Directions: In the lines below, count those containing the word "directory" and give the number alone.
•••
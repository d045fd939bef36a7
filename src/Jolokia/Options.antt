-- ===== src/Jolokia/Options.antt =====
-- The constructor, `process_config` and the default configuration of
-- src/diamond/collectors/jolokia/jolokia.py.
use fullerite.Base.{false, List, [], ◌∷◌, ◌++◌, map}
use fullerite.Base.Int.{pos}
use fullerite.Base.Text.{Str, codes, split, strip}
use fullerite.Base.Dict.{Dict, lookup, update}
use fullerite.Base.Result.{Result, ok, err, key_error, type_error, or_raise, bind}
use fullerite.Python.{int, Value, bool, num, str, strs}
use fullerite.Collector.State.{World}
use fullerite.Collector.Config.{get_default_config, process_config}

-- `IGNORE_DOMAINS`
abbrev pub ignore_domains : List Str
ignore_domains =
    map codes (
      "JMImplementation" ∷ "jmx4perl" ∷ "jolokia" ∷ "com.sun.management" ∷ "java.util.logging" ∷ [])

-- `get_default_config`. (An empty `rewrite` is a list there.)
abbrev pub jolokia_default : {F : Type 0} → Dict (Value F)
jolokia_default = update get_default_config (
    (codes "mbeans", strs [])
    ∷ (codes "regex", bool false)
    ∷ (codes "rewrite", strs [])
    ∷ (codes "url_path", str (codes "jolokia"))
    ∷ (codes "host", str (codes "localhost"))
    ∷ (codes "domain_blacklist", strs [])
    ∷ (codes "mbean_blacklist", strs [])
    ∷ (codes "port", num (int (pos 8_778)))
    ∷ (codes "listing_max_depth", num (int (pos 1)))
    ∷ (codes "read_limit", num (int (pos 1_000)))
    ∷ (codes "multiple_hosts_mode", bool false)
    ∷ [])

module _ {F : Type 0} where
  -- `self.mbeans`: the parts of a text, without the white space around them, or a list as it is
  unfoldable pub mbeans_of : Value F → List Str
  unfolding split
  mbeans_of (str s) = map strip (split b'|' s)
  mbeans_of (strs l) = l
  mbeans_of v = []

  -- `self.config['domain_blacklist']`, which is added to a list
  abbrev pub added_domains : Value F → Result (List Str)
  added_domains (strs l) = ok l
  added_domains v = err type_error

module _ (w : World) where
  open w use {float, float.{Carrier}}

  -- `process_config`: the configuration and the domains that are passed over
  unfoldable pub process_jolokia : Dict (Value Carrier) → Result (Dict (Value Carrier) × List Str)
  unfolding process_config lookup
  process_jolokia config = bind (process_config w config) λ processed.
      bind (or_raise (lookup (codes "domain_blacklist") processed) key_error)
        λ v. bind (added_domains v) λ l. ok (processed, ignore_domains ++ l)
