-- ===== src/Kernel/Units.antt =====
-- The unit in which src/diamond/collectors/memory/memory.py publishes.
use fullerite.Base.{ℕ, ◌≡◌, ◌-◌, ◌≤◌, refl, some, arith}
use fullerite.Base.Int.{ℤ}
use fullerite.Base.Text.{Str, codes}
use fullerite.Base.Result.{ok}
use fullerite.Python.{int, flt, num}
use fullerite.Python.Arith.{to_float}
use fullerite.Python.Scaling.{Scaling}
use fullerite.Convertor.Binary.RoundTrip.{exponent, convert_lem}
use fullerite.Collector.State.{World}
use fullerite.Collector.Run.{sample}
use fullerite.Kernel.Memory.{memory_sample}

module _ (w : World) (depth : ℕ) (sc : Scaling w.float) where
  open w use {float, float.{Carrier, mul, of_int}}
  open sc use {Fits, pow2}

  -- A memory value in kilobytes is published in a unit of 2^d bits, d at most 13, as the value's
  -- float times 2^(13 - d), for floats that scale exactly by powers of two and a product in range.
  pub memory_sample_k_b :
      (name unit : Str) (value : ℤ) (x : Carrier) (d : ℕ)
      → exponent unit ≡ some d
      → d ≤ 13
      → of_int value ≡ some x
      → Fits x 13
      → memory_sample w depth name value (codes "kB") unit
        ≡ ok (sample name (num (flt (mul x (pow2 (13 - d))))) (codes "GAUGE"))
  unfolding memory_sample to_float
  memory_sample_k_b name unit value x d u le v fits =
      let exact =
        convert_lem float sc (codes "kB") unit 13 d (int value) x refl u le (ground arith) fits in
      rw exact refl
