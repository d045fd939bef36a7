-- ===== src/Loader/Dynamic.antt =====
-- What `load_dynamic_class` of src/diamond/utils/classes.py returns, and that it finds a class.
use fullerite.Base.{
  ℕ, ◌≡◌, refl, ◌∙◌, ap, ◌≢◌, Bool-cases, inl, inr, true, ◌&&◌, not, some, List, [], ◌∷◌, ◌++◌,
  arith,
}
use fullerite.Base.Text.{
  Str, codes, starts_with, Lacks, split, join, split_cons, split-Lacks, join-split,
}
use fullerite.Base.Result.{Result-cases, ok}
use fullerite.Loader.Classes.{
  Class, Classes, class, no_base, base, identity, issubclass, any_subclass, collector_class,
  class_object, Module, Import, module_of, split_last, load_class_from_name, load_dynamic_class,
}
use fullerite.Loader.{is_collector}

-- A chain of base classes leads from a class to another one.
mutual
  pub data Derived : Class → Class → Type 0 where
    itself : {c d : Class} → identity c ≡ identity d → Derived c d
    by_base :
        {i : ℕ} {n : Str} {bs : Classes} {d : Class} → SomeDerived bs d → Derived (class i n bs) d

  pub data SomeDerived : Classes → Class → Type 0 where
    here : {b : Class} {bs : Classes} {d : Class} → Derived b d → SomeDerived (base b bs) d
    there : {b : Class} {bs : Classes} {d : Class} → SomeDerived bs d → SomeDerived (base b bs) d

mutual
  unfolding issubclass

  issubclass→Derived : (c d : Class) → issubclass c d ≡ true → Derived c d
  issubclass→Derived (class i n bs) d h = elim (Bool-cases (any_subclass bs d)) [
    | inl e ↦ by_base (any_subclass→SomeDerived bs d e)
    | inr e ↦ itself (ground arith)
  ]

  any_subclass→SomeDerived :
      (bs : Classes) (d : Class) → any_subclass bs d ≡ true → SomeDerived bs d
  any_subclass→SomeDerived no_base d h = cc
  any_subclass→SomeDerived (base b bs) d h = elim (Bool-cases (issubclass b d)) [
    | inl e ↦ here (issubclass→Derived b d e)
    | inr e ↦ there (any_subclass→SomeDerived bs d (ground arith))
  ]

-- A collector: a class derived from `Collector`, and another one.
pub record IsCollector (c : Class) : Type 0 where
  pub derived : Derived c collector_class
  pub proper : identity c ≢ identity collector_class

mutual
  unfolding issubclass

  Derived→issubclass : {c d : Class} → Derived c d → issubclass c d ≡ true
  Derived→issubclass {c = class i n bs} (itself e) = ground arith
  Derived→issubclass (by_base s) = ground (arith, SomeDerived→any_subclass s)

  SomeDerived→any_subclass :
      {bs : Classes} {d : Class} → SomeDerived bs d → any_subclass bs d ≡ true
  SomeDerived→any_subclass (here h) = ground (arith, Derived→issubclass h)
  SomeDerived→any_subclass (there h) = ground (arith, SomeDerived→any_subclass h)

pub IsCollector→is_collector : (c : Class) → IsCollector c → is_collector (class_object c) ≡ true
unfolding issubclass is_collector
IsCollector→is_collector (class i n bs) h =
    let p = h.proper in let q = Derived→issubclass h.derived in ground arith

split-append-split : (d : ℕ) (s t : Str) → split d (s ++ d ∷ t) ≡ split d s ++ split d t
unfolding split
split-append-split d [] t = ground arith
split-append-split d (c ∷ s) t =
    let (p, ps, e) = split_cons d s in ground (arith, split-append-split d s t, e)

split_last-append : (xs : List Str) (s : Str) → split_last (xs ++ s ∷ []) ≡ (xs, s)
split_last-append [] s = refl
split_last-append (x ∷ []) s = refl
split_last-append (x ∷ y ∷ ys) s = rw (split_last-append (y ∷ ys) s)

-- The module and the attribute are read back from the class's full name.
split_last-join :
    (m a : Str)
    → Lacks b'.' a
    → split_last (split b'.' (join b'.' (m ∷ a ∷ []))) ≡ (split b'.' m, a)
split_last-join m a h =
    ap split_last (
      split-append-split b'.' m a ∙ ap (λ (l : List Str). split b'.' m ++ l) (split-Lacks b'.' a h))
    ∙ split_last-append (split b'.' m) a

module _ (import' : Str → Import) where
  load_class_from_name_lem :
      (modname a : Str) (m : Module) (c : Class)
      → Lacks b'.' a
      → import' modname ≡ module_of m
      → m.attribute a ≡ some (class_object c)
      → load_class_from_name import' (join b'.' (modname ∷ a ∷ [])) ≡ ok c
  unfolding load_class_from_name
  load_class_from_name_lem modname a m c h i e =
      rw (split_last-join modname a h, join-split b'.' modname, i, e)

  -- A class that the loop tries is loaded.
  pub load_dynamic_class_lem :
      (modname a : Str) (m : Module) (c : Class)
      → Lacks b'.' a
      → import' modname ≡ module_of m
      → m.attribute a ≡ some (class_object c)
      → (is_collector (class_object c) && not (starts_with a (codes "parent_"))) ≡ true
      → load_dynamic_class import' (join b'.' (modname ∷ a ∷ [])) collector_class ≡ ok c
  unfolding load_dynamic_class is_collector
  load_dynamic_class_lem modname a m c h i e t =
      rw (load_class_from_name_lem modname a m c h i e) (ground arith)

  -- What `load_dynamic_class` returns is a collector.
  pub load_dynamic_class-IsCollector :
      (fqcn : Str) (c : Class)
      → load_dynamic_class import' fqcn collector_class ≡ ok c
      → IsCollector c
  unfolding load_dynamic_class
  load_dynamic_class-IsCollector fqcn c h =
      elim (Result-cases (load_class_from_name import' fqcn)) [
        | inr (x, e) ↦ ground arith
        | inl (b, e) ↦ record {
          derived = issubclass→Derived c collector_class (ground arith);
          proper = ground arith;
        }
      ]
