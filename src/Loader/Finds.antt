-- ===== src/Loader/Finds.antt =====
-- What `load_collectors` of src/diamond/utils/classes.py has found stays found.
use fullerite.Base.{◌≡◌, inl, inr, Bool-cases, true, ◌&&◌, not, Option-cases, List, [], ◌∷◌, arith}
use fullerite.Base.Text.{Str, codes, str_eq, str_eq_refl, starts_with, join}
use fullerite.Base.Dict.{lookup, insert, update, has_key, lookup-insert}
use fullerite.Base.Result.{Result, ok, err}
use fullerite.Base.Exec.{Exec, pure, ◌>>=◌}
use fullerite.Loader.Classes.{
  Class, class_name, collector_class, Object, Module, Import, module_of, fails, interrupted, exits,
  load_dynamic_class,
}
use fullerite.Loader.{
  Entry, Entries, file, directory, other, end, entry, Log, Found, module_name, join_path, is_source,
  is_skipped, is_collector, add_class, load_attribute, load_attributes, load_module, load_file,
  load_entry, load_entries, Root, load_collectors,
}

-- What holds of the dict that an action returns, if it returns one.
abbrev pub Post : (Found → Type 0) → Result Found × Log → Type 0
Post P (ok d, log) = P d
Post P (err e, log) = Unit

abbrev pub Anything : Found → Type 0
Anything d = Unit

pub anything : (p : Result Found × Log) → Post Anything p
anything (ok d, log) = tt
anything (err e, log) = tt

pub bind-Post :
    (P Q : Found → Type 0) (m : Exec Log Found) (f : Found → Exec Log Found) (log : Log)
    → Post P (m log)
    → ((d : Found) (l : Log) → P d → Post Q (f d l))
    → Post Q ((m >>= f) log)
bind-Post P Q m f log h k = after (m log) h
  where
    after :
        (p : Result Found × Log)
        → Post P p
        → Post Q (elim p.0 [ ok a ↦ f a p.1 | err e ↦ (err e, p.1) ])
    after (ok a, l) q = k a l q
    after (err e, l) q = tt

module _ (k : Str) where
  abbrev pub Has : Found → Type 0
  Has d = has_key k d ≡ true

  insert-Has : (j : Str) (c : Class) (d : Found) → Has d → Has (insert j c d)
  unfolding has_key
  insert-Has j c d h = ground (arith, lookup-insert j k c d)

  pub insert_same-Has : (c : Class) (d : Found) → Has (insert k c d)
  unfolding has_key
  insert_same-Has c d = ground (arith, lookup-insert k k c d, str_eq_refl k)

  update-Has : (d e : Found) → Has d → Has (update d e)
  unfolding update
  update-Has d [] h = h
  update-Has d ((j, c) ∷ e) h = update-Has (insert j c d) e (insert-Has j c d h)

  pub update_right-Has : (d e : Found) → Has e → Has (update d e)
  unfolding update has_key lookup
  update_right-Has d [] h = cc
  update_right-Has d ((j, c) ∷ e) h = elim (Bool-cases (str_eq j k)) [
    | inl same ↦ update-Has (insert j c d) e (ground (arith, lookup-insert j k c d))
    | inr differs ↦ update_right-Has (insert j c d) e (ground arith)
  ]

  module _ (import' : Str → Import) where
    add_class-Has :
        (fqcn : Str) (r : Result Class) (d : Found) (log : Log)
        → Has d
        → Post Has (add_class fqcn d r log)
    unfolding add_class
    add_class-Has fqcn (ok c) d log h = insert-Has (class_name c) c d h
    add_class-Has fqcn (err e) d log h = ground arith

    load_attribute-Has :
        (modname a : Str) (o : Object) (d : Found) (log : Log)
        → Has d
        → Post Has (load_attribute import' modname a o d log)
    unfolding load_attribute
    load_attribute-Has modname a o d log h =
        let fqcn = join b'.' (modname ∷ a ∷ []) in
        elim (Bool-cases (is_collector o && not (starts_with a (codes "parent_")))) [
          | inr skipped ↦ rw skipped h
          | inl tried ↦
              rw tried
                (add_class-Has fqcn (load_dynamic_class import' fqcn collector_class) d log h)
        ]

    pub load_attributes-Has :
        (modname : Str) (m : Module) (as' : List Str) (d : Found) (log : Log)
        → Has d
        → Post Has (load_attributes import' modname m as' d log)
    unfolding load_attributes
    load_attributes-Has modname m [] d log h = h
    load_attributes-Has modname m (a ∷ as') d log h = elim (Option-cases (m.attribute a)) [
      | inl missing ↦ rw missing tt
      | inr (o, e) ↦ rw e (
          bind-Post Has Has (load_attribute import' modname a o d)
            (load_attributes import' modname m as') log (load_attribute-Has modname a o d log h)
            (λ d' l. load_attributes-Has modname m as' d' l))
    ]

    pub load_file-Has :
        (f : Str) (d : Found) (log : Log) → Has d → Post Has (load_file import' f d log)
    unfolding load_file load_module
    load_file-Has f d log h = elim (Bool-cases (is_source f)) [
      | inr skipped ↦ rw skipped h
      | inl read ↦ rw read (import-Has (import' (module_name f)))
    ]
      where
        import-Has : (i : Import) → Post Has (load_module import' (module_name f) i d log)
        import-Has (module_of m) = load_attributes-Has (module_name f) m m.names d log h
        import-Has fails = h
        import-Has interrupted = tt
        import-Has exits = tt

    mutual
      unfolding load_entry

      pub load_entry-Has :
          (e : Entry) (path : Str) (d : Found) (log : Log)
          → Has d
          → Post Has (load_entry import' path e d log)
      load_entry-Has (file f) path d log h = load_file-Has f d log h
      load_entry-Has (other f) path d log h = h
      load_entry-Has (directory f es) path d log h =
          let inner = join_path path f in
          elim (Bool-cases (is_skipped inner)) [
            | inl skip ↦ rw skip (update-Has d [] h)
            | inr kept ↦ rw kept (
                bind-Post Anything Has (load_entries import' inner es [])
                  (λ sub. pure (update d sub)) log (anything (load_entries import' inner es [] log))
                  (λ sub l q. update-Has d sub h))
          ]

      pub load_entries-Has :
          (es : Entries) (path : Str) (d : Found) (log : Log)
          → Has d
          → Post Has (load_entries import' path es d log)
      load_entries-Has end path d log h = h
      load_entries-Has (entry e es) path d log h =
          bind-Post Has Has (load_entry import' path e d) (λ d'. load_entries import' path es d')
            log (load_entry-Has e path d log h) (λ d' l. load_entries-Has es path d' l)

    pub load_collectors-Has :
        (rs : List Root) (d : Found) (log : Log)
        → Has d
        → Post Has (load_collectors import' rs d log)
    unfolding load_collectors
    load_collectors-Has [] d log h = h
    load_collectors-Has (r ∷ rs) d log h = elim (Option-cases r.listing) [
      | inl missing ↦ rw missing tt
      | inr (es, found) ↦ elim (Bool-cases (is_skipped r.path)) [
        | inl skip ↦ rw (found, skip) h
        | inr kept ↦
            rw (found, kept)
              (bind-Post Has Has (load_entries import' r.path es d)
                (λ d'. load_collectors import' rs d') log (load_entries-Has es r.path d log h)
                (λ d' l. load_collectors-Has rs d' l))
      ]
    ]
•••
Answer box: 2